A experiência de passar pelo PDE foi edificante, muito produtiva, pois foi
possível observar, na prática de sala de aula, a aplicação das teorias estudadas,
entre estas a Proposta Pedagógica do Professor João Luiz Gasparin,
compreendendo as etapas de desenvolvimento do trabalho pedagógico. Também
pudemos nos aprofundar no estudo dos gêneros discursivos, tomando em particular
o documentário, observando suas particularidades. O desenvolvimento do trabalho
proposto no PDE trouxe a cada ação um “novo olhar” sobre a prática pedagógica e
seu reflexo sobre a metodologia empregada, observando em que aspectos havia
necessidade de ampliar ou adaptar as ações. Outro aspecto relevante nesse estudo
foi a oportunidade de avaliarmos nossa prática pedagógica, enriquecendo-nos
teoricamente, o que refletiu diretamente em nossas atitudes como mediadores do
conhecimento e dos saberes.
O desenvolvimento e a participação dos alunos foram surpreendentes,
juntamente com a alegria em que realizavam as atividades, o que nos encantou e
motivou para a continuidade de um trabalho que não acaba aqui.
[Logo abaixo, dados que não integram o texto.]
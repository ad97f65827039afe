-- ===== src/PgEventStore.antt =====
-- cqrs/impl/pg/event_store.go: the event store over PostgreSQL. The table ddd_domain_events and the
-- transactions of database/sql act on a world `W`, a parameter; so are JSON, the event's metadata and name, and
-- the allocation of an event by its type.
pub mod Table
pub mod Log
pub mod Atomic
mod Tests
use ddd_qce.Common.{
  ℕ, suc, String, Bool, true, false, Option, none, some, List, [], ◌∷◌, ◌++◌, if◌then◌else◌,
}
use ddd_qce.Common.Int.{ℤ, pos, add64, ltb_ℤ}
use ddd_qce.Errors.{Err, Result, ok, error, Arg, text, wrap, err_concurrency}
use ddd_qce.EventStore.{BaseEvent}
use ddd_qce.PgRepository.{SqlAnswer, rows, rows_unknown, unique_violation, failed}

-- A row of ddd_domain_events.
pub record EventRow (Bytes : Type 0) : Type 0 where
  pub event_type : String
  pub event_data : Bytes
  pub metadata : BaseEvent
  pub version : ℤ

-- INSERT, the SELECT of one aggregate after a version, and the SELECT of all rows after an id, with
-- the ids and a limit if there is one.
pub record EventTable (W Bytes : Type 0) : Type 0 where
  pub insert_event : W → EventRow Bytes → W × SqlAnswer
  pub select_after : W → String → ℤ → Result (List (EventRow Bytes))
  pub select_all : W → ℤ → Option ℤ → Result (List (ℤ × EventRow Bytes))

-- BeginTx, Rollback and Commit, and whether the context has a transaction.
pub record Transactions (W : Type 0) : Type 0 where
  pub has_transaction : W → Bool
  pub begin_tx : W → Result W
  pub rollback_tx : W → W
  pub commit_tx : W → W × Option Err

-- What the store needs of the events.
pub record EventCodec (E Bytes : Type 0) : Type 0 where
  pub event_name : E → String
  pub metadata_of : E → BaseEvent
  pub marshal : E → Result Bytes
  pub alloc : String → Result E
  pub unmarshal : Bytes → E → Result E

-- The error of an INSERT; the number of rows is not asked for.
unfoldable pub insert_error : String → ℤ → SqlAnswer → Option Err
insert_error id version (rows n) = none
insert_error id version (rows_unknown e) = none
insert_error id version (unique_violation e) = some (
    wrap "concurrency conflict: version %d already exists for aggregate %s: %w"
      (Arg.num version ∷ Arg.str id ∷ []) err_concurrency)
insert_error id version (failed e) = some (wrap "insert event: %w" [] e)

module _ {W E Bytes : Type 0} (table : EventTable W Bytes) (codec : EventCodec E Bytes) where
  abbrev pub row_of : E → Bytes → ℤ → EventRow Bytes
  row_of evt data_bytes version = record {
    event_type = codec.event_name evt;
    event_data = data_bytes;
    metadata = codec.metadata_of evt;
    version = version;
  }

  -- The insertion of one event, after it is marshalled.
  unfoldable pub insert_marshalled : W → String → ℤ → E → Result Bytes → W × Option Err
  unfolding insert_error
  insert_marshalled w id version evt (error e) = (w, some (wrap "marshal event: %w" [] e))
  insert_marshalled w id version evt (ok data_bytes) =
      let (w', answer) = table.insert_event w (row_of evt data_bytes version) in
      (w', insert_error id version answer)

  -- The loop of appendEvents from index i on.
  unfoldable pub append_from : W → String → ℤ → ℕ → List E → W × Option Err
  unfolding insert_marshalled
  append_from w id expected_version i [] = (w, none)
  append_from w id expected_version i (evt ∷ evts) =
      let version = add64 (add64 expected_version (pos i)) (pos 1) in
      let (w', err) = insert_marshalled w id version evt (codec.marshal evt) in
      let rest = append_from w' id expected_version (suc i) evts in
      elim err [ some e ↦ (w', some e) | none ↦ rest ]

  unfoldable pub append_events : W → String → ℤ → List E → W × Option Err
  unfolding append_from
  append_events w id expected_version evts = append_from w id expected_version 0 evts

  -- The end of Append in its own transaction: the deferred Rollback after an error, and else Commit.
  abbrev pub finished : Transactions W → W × Option Err → W × Option Err
  finished txs (w, some e) = (txs.rollback_tx w, some e)
  finished txs (w, none) = txs.commit_tx w

  abbrev pub in_own_tx : Transactions W → W → String → ℤ → List E → Result W → W × Option Err
  in_own_tx txs w id expected_version evts (error e) = (w, some (wrap "begin tx: %w" [] e))
  in_own_tx txs w id expected_version evts (ok w') =
      finished txs (append_events w' id expected_version evts)

  unfoldable pub append : Transactions W → W → String → ℤ → List E → W × Option Err
  unfolding append_events
  append txs w id expected_version evts =
      if txs.has_transaction w
      then append_events w id expected_version evts
      else in_own_tx txs w id expected_version evts (txs.begin_tx w)

  -- An event of a row.
  unfoldable pub read_row : EventRow Bytes → Result E
  read_row r = elim (codec.alloc r.event_type) [
    | error e ↦ error (wrap "allocate event: %w" [] e)
    | ok evt ↦ elim (codec.unmarshal r.event_data evt) [
      | error e ↦ error (wrap "unmarshal event: %w" [] e)
      | ok evt' ↦ ok evt'
    ]
  ]

  -- The loop over the rows, up to the first that cannot be read.
  unfoldable pub read_rows : List (EventRow Bytes) → Result (List E)
  unfolding read_row
  read_rows [] = ok []
  read_rows (r ∷ rs) =
      let rest = read_rows rs in
      elim (read_row r) [
        | error e ↦ error e
        | ok evt ↦ elim rest [ error e ↦ error e | ok evts ↦ ok (evt ∷ evts) ]
      ]

  -- The error of the query, of a scan or of the iteration.
  unfoldable pub load : W → String → ℤ → Result (List E)
  unfolding read_rows
  load w id after_version = elim (table.select_after w id after_version) [
    | error e ↦ error (wrap "query events: %w" [] e)
    | ok found ↦ read_rows found
  ]

  unfoldable pub read_all : List (ℤ × EventRow Bytes) → Result (List (ℤ × E))
  unfolding read_row
  read_all [] = ok []
  read_all ((id, r) ∷ rs) =
      let rest = read_all rs in
      elim (read_row r) [
        | error e ↦ error e
        | ok evt ↦ elim rest [ error e ↦ error e | ok evts ↦ ok ((id, evt) ∷ evts) ]
      ]

  unfoldable pub load_all : W → ℤ → ℤ → Result (List (ℤ × E))
  unfolding read_all
  load_all w after_position limit =
      elim (table.select_all w after_position (if ltb_ℤ (pos 0) limit then some limit else none)) [
        | error e ↦ error (wrap "query all events: %w" [] e)
        | ok found ↦ read_all found
      ]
Aprendemos mais
sobre o gênero discursivo documentário, nos atendo de maneira mais meticulosa, o
que possibilitou percebermos o alcance das práticas contextualizadas para, ao aliar
os processos históricos e culturais, ampliar o alcance das práticas de linguagem dos
alunos.
Essa experiência singular nos permite repensar o cotidiano escolar, ver a sala
de aula por outro prisma, em específico o Ensino de Língua Portuguesa, com intuito
de buscar melhorias para o ensino e a aprendizagem.